I say that as someone who covered motorsports for almost 40 years, including the first 20 Brickyard 400s, and while I could have told you yesterday was Championship Sunday, I couldn't have named the four drivers fighting it out for the title on a bet. Two of them I'd barely heard of.
For the record, the four were Logano, defending champion Chase Elliott, Ross Chastain and Christopher Bell.
Logano and Elliott I know. But Chastain? Bell?

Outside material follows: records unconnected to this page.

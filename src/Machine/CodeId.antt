-- ===== src/Machine/CodeId.antt =====
-- The identifier of a contract's code, against the bytes that it is made of.
use Prim.Native.Nat.{bit_and}
use evmbt.Prelude.{
  ℕ, ◌+◌, ◌-◌, ◌*◌, ◌/◌, ◌%◌, ◌^◌, ◌<◌, ◌≡◌, ◌∙◌, refl, ap, List, [], ◌∷◌, All, ltb, if◌then◌else◌,
  arith,
}
use evmbt.Words.Bits.{and_low}
use evmbt.Machine.Defs.{hex_char, make_code_id}

-- The number of a hexadecimal digit.
abbrev pub hex_value : ℕ → ℕ
hex_value c = if ltb c 97 then c - 48 else c - 87

-- The bytes of a text of hexadecimal digits, two for each.
abbrev pub read_bytes : List ℕ → List ℕ
read_bytes [] = []
read_bytes (c ∷ []) = []
read_bytes (c ∷ d ∷ cs) = (hex_value c * 16 + hex_value d) ∷ read_bytes cs

hex_value-hex_char : (n : ℕ) → n < 16 → hex_value (hex_char n) ≡ n
hex_value-hex_char n h = ground arith

byte_back :
    (b : ℕ)
    → b < 256
    → hex_value (hex_char (b / 2 ^ 4)) * 16 + hex_value (hex_char (bit_and b 0xf)) ≡ b
byte_back b h =
    let low : bit_and b 0xf ≡ b % 16 = and_low 4 b in
    omega (
      arith,
      hex_value-hex_char (b / 16) (omega arith),
      hex_value-hex_char (b % 16) (omega arith),
      ap (λ k. hex_value (hex_char k)) low,
    )

-- The bytes of an address can be read back from its code's identifier.
pub read_bytes-make_code_id :
    (bytes : List ℕ) → All (λ b. b < 256) bytes → read_bytes (make_code_id bytes) ≡ bytes
unfolding make_code_id
read_bytes-make_code_id [] h = refl
read_bytes-make_code_id (b ∷ bytes) h =
    ap (λ k. k ∷ read_bytes (make_code_id bytes)) (byte_back b h.0)
    ∙ ap (λ bs. b ∷ bs) (read_bytes-make_code_id bytes h.1)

The first I thought was one of those back-marker guys who fill out the field every week. The second I saw interviewed on TV yesterday during the pre-race coverage.
He looked like he was 12.
"Oh, Mr. Blob," you're saying now. "You're so old you list your occupation as 'artifact' on your tax return. Everyone looks like he's 12 to you."
True.
But, still. How far off the national radar has NASCAR fallen when even an old gearhead like me doesn't recognize half the top four drivers in the sport this season?
Sad days. Just sad.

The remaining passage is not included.